When writing a service-stack that utilize both process and machine clustering (or should be capable of that), there are a few things that must be worked out beforehand.


  • First of all you need a reliable message system and adaptable message format - so that the services can communicate and speak the same language if you will; a message system that keeps track of what has been sent, so it can match that up with the responses as they come in (this is how things work in an asynchronous reality). Once a message arrives, it calls a procedure you provided when you first sent the request.
  • Secondly, you need a zero-configuration mechanism so each service can find and register with the master or core. This registration process also informs the core about the protocols each service provides. So that when a message with that signature arrives - the server knows where to delegate them (and likewise, keep track of the caller so that the response is returned to the correct caller).


What I just described is the Ragnarok message framework, which is an integral part of the Quartex Pascal run-time library. This is the message system that powers the Quartex Media Desktop, both on the server-side of things, but interestingly enough also between hosted HTML5 applications (running inside an IFrame window) and the desktop itself.

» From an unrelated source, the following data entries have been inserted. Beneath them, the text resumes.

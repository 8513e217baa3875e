-- ===== src/Session/Invariant.antt =====
-- The table of players stays sound under every packet of the session's handlers, valid or not.
use open_ai_mc_be_server.Session.Players.{add_player_to, write_packet, or_return}
use open_ai_mc_be_server.Prelude.{
  ==_iff, ◌&&◌, ℕ, ◌+◌, ◌%◌, ◌<◌, ◌≤◌, ◌≡◌, ◌≢◌, Bool, true, false, Option, none, some, refl, arith,
  inl, inr, Bool-cases, ◌==◌, not,
}
use open_ai_mc_be_server.Session.State.{
  resource_pack_data, await_chunk_radius, available_commands, item_registry, start_game,
  voxel_shapes, jigsaw_structure_data, Message, Server, ◌>>◌, assign, other_players,
}
use open_ai_mc_be_server.Session.Packets.{
  awaits_packs, request_network_settings, login, client_to_server_handshake,
  resource_pack_client_response, resource_packs_ready_for_validation, client_cache_status,
  request_chunk_radius, set_local_player_as_initialised, server_bound_loading_screen,
  open_inventory, close_container, send_packs, all_packs_downloaded, completed, refused,
  unknown_response, PackResponse, close_container, server_bound_loading_screen,
  set_local_player_as_initialised, request_chunk_radius, client_cache_status, send_packs,
  resource_pack_client_response, PackResponse, login, request_network_settings, identity_of, Packet,
}
use open_ai_mc_be_server.Session.Handlers.{
  handle_resource_pack_client_response, handle_resource_packs_ready_for_validation,
  init_player_state, take_runtime_id, start_game_for, enter_game, finish_resource_pack_flow,
  send_resource_pack_stack, dispatch,
}
use open_ai_mc_be_server.Session.Writes.{send_initial_player_sync-WritesOnly, Outcome-cases}
use open_ai_mc_be_server.Session.Table.{
  IsTable, WritesOnly-Keeps, Keeps->>, assign-Keeps, add_player_to-IsTable,
}
use open_ai_mc_be_server.Session.Keeps.{
  set_state-Keeps, write-Keeps, settings-Keeps, login-Keeps, handshake-Keeps, stack-Keeps,
  radius-Keeps, initialised-Keeps, screen-Keeps, interact-Keeps, close-Keeps,
}

module _ (delivers : ℕ → Message → Bool) (current : ℕ) where
  enter-IsTable :
      (ref : ℕ) (s : Server)
      → IsTable s
      → 0 < (s.clients ref).runtime_id
      → (s.clients ref).runtime_id ≤ s.next_id
      → (s.clients ref).uuid ≢ none
      → IsTable (enter_game delivers current ref s).1
  unfolding enter_game
  enter-IsTable ref s t p le u =
      (Keeps->> _ _
          (Keeps->> _ _
            (Keeps->> _ _
              (Keeps->> _ _
                (Keeps->> _ _
                  (Keeps->> _ _ (write-Keeps delivers current ref jigsaw_structure_data)
                    (write-Keeps delivers current ref voxel_shapes))
                  (write-Keeps delivers current ref start_game))
                (write-Keeps delivers current ref item_registry))
              (write-Keeps delivers current ref available_commands))
            (WritesOnly-Keeps _
              (send_initial_player_sync-WritesOnly delivers ref (other_players s ref))))
          (set_state-Keeps ref await_chunk_radius)).keep
        (add_player_to delivers ref s) (add_player_to-IsTable delivers ref s t p le u)

  -- Giving out the next runtime id.
  numbered-IsTable :
      (ref : ℕ) (s : Server)
      → IsTable s
      → s.next_id + 1 < 18446744073709551616
      → IsTable (take_runtime_id delivers current ref s).1
  numbered-IsTable ref s t small =
      (assign-Keeps ref _ (λ c u. u)).keep
        (record s { next_id = (s.next_id + 1) % 18446744073709551616 })
        (record {
          listed = λ id other e. let (a, b, u) = t.listed id other e in (a, omega arith, u);
        })

  begin-IsTable :
      (ref : ℕ) (identity : Option ℕ) (s : Server)
      → IsTable s
      → s.next_id + 1 < 18446744073709551616
      → IsTable
          ((take_runtime_id delivers current ref
              >> init_player_state delivers current ref identity
              >> enter_game delivers current ref)
            s).1
  unfolding assign
  begin-IsTable ref none s t small = numbered-IsTable ref s t small
  begin-IsTable ref (some id) s t small =
      let numbered = (take_runtime_id delivers current ref s).1 in
      let named = (init_player_state delivers current ref (some id) numbered).1 in
      let itself : (ref == ref) ≡ true = (==_iff ref ref).1 refl in
      enter-IsTable ref named
        ((assign-Keeps ref (λ c. record c { uuid = some id }) (λ c u. (λ e. cc))).keep numbered
          (numbered-IsTable ref s t small))
        (rw itself (omega arith)) (rw itself (omega arith)) (rw itself (λ e. cc))

  start-IsTable :
      (ref : ℕ) (s : Server)
      → IsTable s
      → s.next_id + 1 < 18446744073709551616
      → IsTable (start_game_for delivers current ref s).1
  unfolding start_game_for
  start-IsTable ref s = begin-IsTable ref (identity_of (s.clients ref).login) s

  stack-next_id :
      (ref : ℕ) (s : Server)
      → (send_resource_pack_stack delivers current ref s).1.next_id ≡ s.next_id
  unfolding send_resource_pack_stack write_packet assign
  stack-next_id ref s = ground arith

  after-IsTable :
      (ref : ℕ) (first : Bool) (s : Server)
      → IsTable s
      → s.next_id + 1 < 18446744073709551616
      → IsTable
          ((or_return first (send_resource_pack_stack delivers current ref)
              >> start_game_for delivers current ref)
            s).1
  after-IsTable ref false s t small = start-IsTable ref s t small
  after-IsTable ref true s t small =
      let sent = send_resource_pack_stack delivers current ref s in
      elim (Outcome-cases sent.0) [
        | inl e ↦ rw e (
            start-IsTable ref sent.1 ((stack-Keeps delivers current ref).keep s t)
              (rw (stack-next_id ref s) small))
        | inr e ↦ rw e ((stack-Keeps delivers current ref).keep s t)
      ]

  finish-IsTable :
      (ref : ℕ) (s : Server)
      → IsTable s
      → s.next_id + 1 < 18446744073709551616
      → IsTable (finish_resource_pack_flow delivers current ref s).1
  unfolding finish_resource_pack_flow
  finish-IsTable ref s t small = elim (Bool-cases (awaits_packs (s.clients ref).state)) [
    | inl e ↦ rw e (after-IsTable ref (s.has_packs && not (s.clients ref).stack_sent) s t small)
    | inr e ↦ rw e t
  ]

  respond-IsTable :
      (ref : ℕ) (response : PackResponse) (s : Server)
      → IsTable s
      → s.next_id + 1 < 18446744073709551616
      → IsTable (handle_resource_pack_client_response delivers current ref response s).1
  unfolding handle_resource_pack_client_response
  respond-IsTable ref (send_packs found true) s t small =
      (stack-Keeps delivers current ref).keep s t
  respond-IsTable ref (send_packs true false) s t small =
      (write-Keeps delivers current ref resource_pack_data).keep s t
  respond-IsTable ref (send_packs false false) s t small = t
  respond-IsTable ref all_packs_downloaded s t small = (stack-Keeps delivers current ref).keep s t
  respond-IsTable ref completed s t small = finish-IsTable ref s t small
  respond-IsTable ref refused s t small = t
  respond-IsTable ref unknown_response s t small = t

  ready-IsTable :
      (ref : ℕ) (s : Server)
      → IsTable s
      → s.next_id + 1 < 18446744073709551616
      → IsTable (handle_resource_packs_ready_for_validation delivers current ref s).1
  unfolding handle_resource_packs_ready_for_validation
  ready-IsTable ref s t small = elim (Bool-cases (s.clients ref).stack_sent) [
    | inl e ↦ rw e (finish-IsTable ref s t small)
    | inr e ↦ rw e t
  ]

  pub dispatch-IsTable :
      (ref : ℕ) (pk : Packet) (s : Server)
      → IsTable s
      → s.next_id + 1 < 18446744073709551616
      → IsTable (dispatch delivers current ref pk s).1
  unfolding dispatch
  dispatch-IsTable ref (request_network_settings protocol) s t small =
      (settings-Keeps delivers current ref protocol).keep s t
  dispatch-IsTable ref (login protocol parsed) s t small =
      (login-Keeps delivers current ref protocol parsed).keep s t
  dispatch-IsTable ref client_to_server_handshake s t small =
      (handshake-Keeps delivers current ref).keep s t
  dispatch-IsTable ref (resource_pack_client_response response) s t small =
      respond-IsTable ref response s t small
  dispatch-IsTable ref resource_packs_ready_for_validation s t small = ready-IsTable ref s t small
  dispatch-IsTable ref (client_cache_status enabled) s t small =
      (assign-Keeps ref _ (λ c u. u)).keep s t
  dispatch-IsTable ref (request_chunk_radius radius) s t small =
      (radius-Keeps delivers current ref radius).keep s t
  dispatch-IsTable ref (set_local_player_as_initialised id) s t small =
      (initialised-Keeps delivers current ref id).keep s t
  dispatch-IsTable ref (server_bound_loading_screen kind id) s t small =
      (screen-Keeps delivers current ref kind id).keep s t
  dispatch-IsTable ref open_inventory s t small = (interact-Keeps delivers current ref).keep s t
  dispatch-IsTable ref (close_container window) s t small =
      (close-Keeps delivers current ref window).keep s t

We are going to explore this topic further when we look at the Ragnarok system in detail -- but in conclusion to why Node.js makes such good sense for service coding in 2020:


instead of having a single, monolithic service that can be difficult to maintain, the Node.js way is to divide that monolith into several isolated services; services that each communicate with a master service that acts as a gateway to your software. This architecture performs just as well, in some cases it even outperforms, the old native monolithic single exe-file; a technology dating back to the late 90s and early 2k's.


As a bonus, Node.js services and servers are Docker compatible, which means that once you have written them -- you can isolate your entire service stack as docker modules. You can then deploy your infrastructure virtually anywhere, and scale up your instances as you need them.


All of it from the comfort of object pascal that you know and love.